Ann Hematol. 1993 Apr;66(4):175-80. doi: 10.1007/BF01703232.
Recombinant human erythropoietin (rhEpo) was administered to 14 patients with myelodysplastic syndrome (MDS) and seven patients with aplastic anemia (AA). In 19 patients, doses of 6000 units were given intravenously three times a week (t.i.w.) with the dose being doubled up to 24,000 units every 8 weeks until a response was obtained. RhEpo was given subcutaneously in two patients. Seven patients, four with MDS and three with AA, showed a significant response with an increase of hemoglobin concentration during therapy. The response occurred at doses of 12,000 units in five and 24,000 units in two patients. Responding patients with both MDS and AA had a relatively low serum Epo (s-Epo) level prior to Epo therapy. MDS responders had either refractory anemia (RA) or RA with ring sideroblasts (RARS), while two of the Epo responders in AA had a severe form of the disease. However, since some of the Epo responders had a high initial s-Epo concentration, a high s-Epo level does not preclude the use of rhEpo. Serial determination of s-Epo levels showed a progressive decline in six of the seven responders even when they were on rhEpo therapy, while the s-Epo levels remained elevated or further increased with time in most nonresponders. RhEpo was well tolerated by all patients. The results suggest that rhEpo is a safe and effective treatment for a certain proportion of patients with MDS and AA. Moreover, serial determination of s-Epo during therapy may be useful in monitoring and predicting the therapeutic effect of rhEpo.

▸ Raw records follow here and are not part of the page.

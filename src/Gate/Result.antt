-- ===== src/Gate/Result.antt =====
-- pkg/gate/result.go: the summary of a run.
pub mod Tally
use backstop_core.Prelude.{
  ℕ, ◌+◌, String, Bool, true, false, ◌||◌, List, [], ◌∷◌, ◌++◌, map, Option, none, some,
  if◌then◌else◌,
}
use backstop_core.Gate.Violation.{Violation, Status, is_fail, StepResult}
use backstop_core.Gate.Scope.{GateScope}
use backstop_core.Gate.Identity.{enrich}
use backstop_core.Gate.Policy.{blocks_verdict}
use backstop_core.Waiver.Token.{Waiver}

-- `GateResult`, without the provenance that the command line fills in.
pub record GateResult : Type 0 where
  pub schema_version : String
  pub native_sandbox_applied : Bool
  pub scope : Option GateScope
  pub pass : Bool
  pub total_violations : ℕ
  pub total_warnings : ℕ
  pub steps_passed : ℕ
  pub steps_failed : ℕ
  pub steps_skipped : ℕ
  pub steps_warned : ℕ
  pub steps : List StepResult
  pub active_waivers : List Waiver

-- `tallyBySeverity`
unfoldable pub tally_by_severity : List Violation → ℕ × ℕ
tally_by_severity [] = (0, 0)
tally_by_severity (v ∷ vs) =
    let (blocking, warnings) = tally_by_severity vs in
    if blocks_verdict v then (blocking + 1, warnings) else (blocking, warnings + 1)

abbrev pub empty_result : Option GateScope → GateResult
empty_result sc = record {
  schema_version = "gate/v1";
  native_sandbox_applied = false;
  scope = sc;
  pass = true;
  total_violations = 0;
  total_warnings = 0;
  steps_passed = 0;
  steps_failed = 0;
  steps_skipped = 0;
  steps_warned = 0;
  steps = [];
  active_waivers = [];
}

-- The `switch` on the status of a step.
unfoldable pub count_status : Status → GateResult → GateResult
count_status Status.pass r = record r { steps_passed = r.steps_passed + 1 }
count_status Status.fail r = record r { steps_failed = r.steps_failed + 1; pass = false }
count_status Status.skipped r = record r { steps_skipped = r.steps_skipped + 1 }
count_status Status.warning r = record r { steps_warned = r.steps_warned + 1 }

module _ (hash_string : String → String) where
  -- The findings of a step are enriched in place.
  unfoldable pub enrich_step : StepResult → StepResult
  enrich_step s = record s {
    violations = map (enrich hash_string) s.violations;
    new_violations = map (enrich hash_string) s.new_violations;
    fixed_violations = map (enrich hash_string) s.fixed_violations;
    seeded_violations = map (enrich hash_string) s.seeded_violations;
  }

  -- The body of the loop of `NewGateResultWithScope`.
  unfoldable pub add_step : StepResult → GateResult → GateResult
  unfolding enrich_step count_status tally_by_severity
  add_step s0 r0 =
      let s = enrich_step s0 in
      let r = count_status s.status r0 in
      let (blocking, warnings) = tally_by_severity s.violations in
      record r {
        native_sandbox_applied = r.native_sandbox_applied || s.native_sandbox_applied;
        total_violations = r.total_violations + blocking;
        total_warnings = r.total_warnings + warnings;
        steps = r.steps ++ s ∷ [];
      }

  unfoldable pub add_steps : List StepResult → GateResult → GateResult
  unfolding add_step
  add_steps [] r = r
  add_steps (s ∷ ss) r = add_steps ss (add_step s r)

  -- `NewGateResultWithScope`
  unfoldable pub new_gate_result : List StepResult → Option GateScope → GateResult
  unfolding add_steps
  new_gate_result steps sc = add_steps steps (empty_result sc)
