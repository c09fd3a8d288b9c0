-- ===== src/Gate/Result/Tally.antt =====
-- The summary counts of a run agree with its steps.
use backstop_core.Prelude.{
  ℕ, ◌+◌, String, Bool, true, List, [], ◌∷◌, ◌++◌, Option, ◌≡◌, refl, ◌∙◌, ap, sym, arith, not,
  ◌&&◌, eqb, length, length-map, map,
}
use mathlib.Core.List.{append-nil, append_assoc}
use backstop_core.Gate.Violation.{Violation, is_fail, StepResult}
use backstop_core.Gate.Scope.{GateScope}
use backstop_core.Gate.Identity.{enrich}
use backstop_core.Gate.Result.{
  GateResult, tally_by_severity, enrich_step, add_step, add_steps, empty_result, new_gate_result,
}

abbrev pub steps_counted : GateResult → ℕ
steps_counted r = r.steps_passed + r.steps_failed + r.steps_skipped + r.steps_warned

abbrev pub entries_counted : GateResult → ℕ
entries_counted r = r.total_violations + r.total_warnings

-- The findings that the steps report, however severe.
abbrev pub entries : List StepResult → ℕ
entries [] = 0
entries (s ∷ ss) = length s.violations + entries ss

-- Whether no step of a list has failed.
abbrev pub none_failed : List StepResult → Bool
none_failed [] = true
none_failed (s ∷ ss) = not (is_fail s.status) && none_failed ss

tally_sum : (vs : List Violation) → (tally_by_severity vs).0 + (tally_by_severity vs).1 ≡ length vs
unfolding tally_by_severity
tally_sum [] = refl
tally_sum (v ∷ vs) = ground (arith, tally_sum vs)

module _ (hash_string : String → String) where
  counted-add_step :
      (s : StepResult) (r : GateResult)
      → steps_counted (add_step hash_string s r) ≡ steps_counted r + 1
  unfolding add_step
  counted-add_step s r = ground arith

  counted-add_steps :
      (ss : List StepResult) (r : GateResult)
      → steps_counted (add_steps hash_string ss r) ≡ steps_counted r + length ss
  unfolding add_steps
  counted-add_steps [] r = omega arith
  counted-add_steps (s ∷ ss) r =
      omega (arith, counted-add_steps ss (add_step hash_string s r), counted-add_step s r)

  entries-add_step :
      (s : StepResult) (r : GateResult)
      → entries_counted (add_step hash_string s r) ≡ entries_counted r + length s.violations
  unfolding add_step
  entries-add_step s r = ground (
    arith,
    tally_sum (map (enrich hash_string) s.violations),
    length-map (enrich hash_string) s.violations,
  )

  entries-add_steps :
      (ss : List StepResult) (r : GateResult)
      → entries_counted (add_steps hash_string ss r) ≡ entries_counted r + entries ss
  unfolding add_steps
  entries-add_steps [] r = omega arith
  entries-add_steps (s ∷ ss) r =
      omega (arith, entries-add_steps ss (add_step hash_string s r), entries-add_step s r)

  pass-add_step :
      (s : StepResult) (r : GateResult)
      → (add_step hash_string s r).pass ≡ (r.pass && not (is_fail s.status))
  unfolding add_step
  pass-add_step s r = ground arith

  pass-add_steps :
      (ss : List StepResult) (r : GateResult)
      → (add_steps hash_string ss r).pass ≡ (r.pass && none_failed ss)
  unfolding add_steps
  pass-add_steps [] r = ground arith
  pass-add_steps (s ∷ ss) r =
      ground (arith, pass-add_steps ss (add_step hash_string s r), pass-add_step s r)

  failed-add_step :
      (s : StepResult) (r : GateResult)
      → r.pass ≡ eqb r.steps_failed 0
      → (add_step hash_string s r).pass ≡ eqb (add_step hash_string s r).steps_failed 0
  unfolding add_step
  failed-add_step s r h = ground arith

  failed-add_steps :
      (ss : List StepResult) (r : GateResult)
      → r.pass ≡ eqb r.steps_failed 0
      → (add_steps hash_string ss r).pass ≡ eqb (add_steps hash_string ss r).steps_failed 0
  unfolding add_steps
  failed-add_steps [] r h = h
  failed-add_steps (s ∷ ss) r h =
      failed-add_steps ss (add_step hash_string s r) (failed-add_step s r h)

  steps-add_step :
      (s : StepResult) (r : GateResult)
      → (add_step hash_string s r).steps ≡ r.steps ++ enrich_step hash_string s ∷ []
  unfolding add_step
  steps-add_step s r = ground arith

  steps-add_steps :
      (ss : List StepResult) (r : GateResult)
      → (add_steps hash_string ss r).steps ≡ r.steps ++ map (enrich_step hash_string) ss
  unfolding add_steps
  steps-add_steps [] r = sym (append-nil r.steps)
  steps-add_steps (s ∷ ss) r =
      steps-add_steps ss (add_step hash_string s r)
      ∙ ap (λ l. l ++ map (enrich_step hash_string) ss) (steps-add_step s r)
      ∙ append_assoc r.steps (enrich_step hash_string s ∷ []) (map (enrich_step hash_string) ss)

  pub pass-new_gate_result :
      (ss : List StepResult) (sc : Option GateScope)
      → (new_gate_result hash_string ss sc).pass ≡ none_failed ss
  unfolding new_gate_result
  pass-new_gate_result ss sc = pass-add_steps ss (empty_result sc)

  -- Of the summary of any steps: the four counts of steps add up to the steps given, the counts of
  -- blocking and of warning findings add up to the findings that the steps report, the steps are
  -- the given ones in order with their findings enriched, and the run passes just when its count of
  -- failed steps is 0, which is when none of the given steps has failed.
  pub new_gate_result-summary :
      (ss : List StepResult) (sc : Option GateScope)
      → let r = new_gate_result hash_string ss sc in
        (steps_counted r ≡ length ss)
        × (entries_counted r ≡ entries ss)
        × (r.steps ≡ map (enrich_step hash_string) ss)
        × (r.pass ≡ eqb r.steps_failed 0)
        × (r.pass ≡ none_failed ss)
  unfolding new_gate_result
  new_gate_result-summary ss sc = (
    omega (arith, counted-add_steps ss (empty_result sc)),
    omega (arith, entries-add_steps ss (empty_result sc)),
    steps-add_steps ss (empty_result sc),
    failed-add_steps ss (empty_result sc) refl,
    pass-add_steps ss (empty_result sc),
  )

将重组人促红细胞生成素(rhEpo)应用于14例骨髓增生异常综合征(MDS)患者和7例再生障碍性贫血(AA)患者。19例患者静脉注射剂量为6000单位,每周3次(t.i.w.),每8周剂量加倍至24,000单位,直至获得反应。2例患者皮下注射rhEpo。7例患者,4例MDS患者和3例AA患者,在治疗期间血红蛋白浓度升高,显示出显著反应。5例患者在剂量为12,000单位时出现反应,2例患者在剂量为24,000单位时出现反应。MDS和AA的反应性患者在Epo治疗前血清Epo(s-Epo)水平相对较低。MDS反应者为难治性贫血(RA)或伴有环形铁粒幼细胞的RA(RARS),而AA中的2例Epo反应者患有严重形式的疾病。然而,由于一些Epo反应者初始s-Epo浓度较高,高s-Epo水平并不排除使用rhEpo。连续测定s-Epo水平显示,7例反应者中有6例即使在接受rhEpo治疗时也逐渐下降,而大多数无反应者的s-Epo水平随时间保持升高或进一步升高。所有患者对rhEpo耐受性良好。结果表明,rhEpo对一定比例的MDS和AA患者是一种安全有效的治疗方法。此外,治疗期间连续测定s-Epo可能有助于监测和预测rhEpo的治疗效果。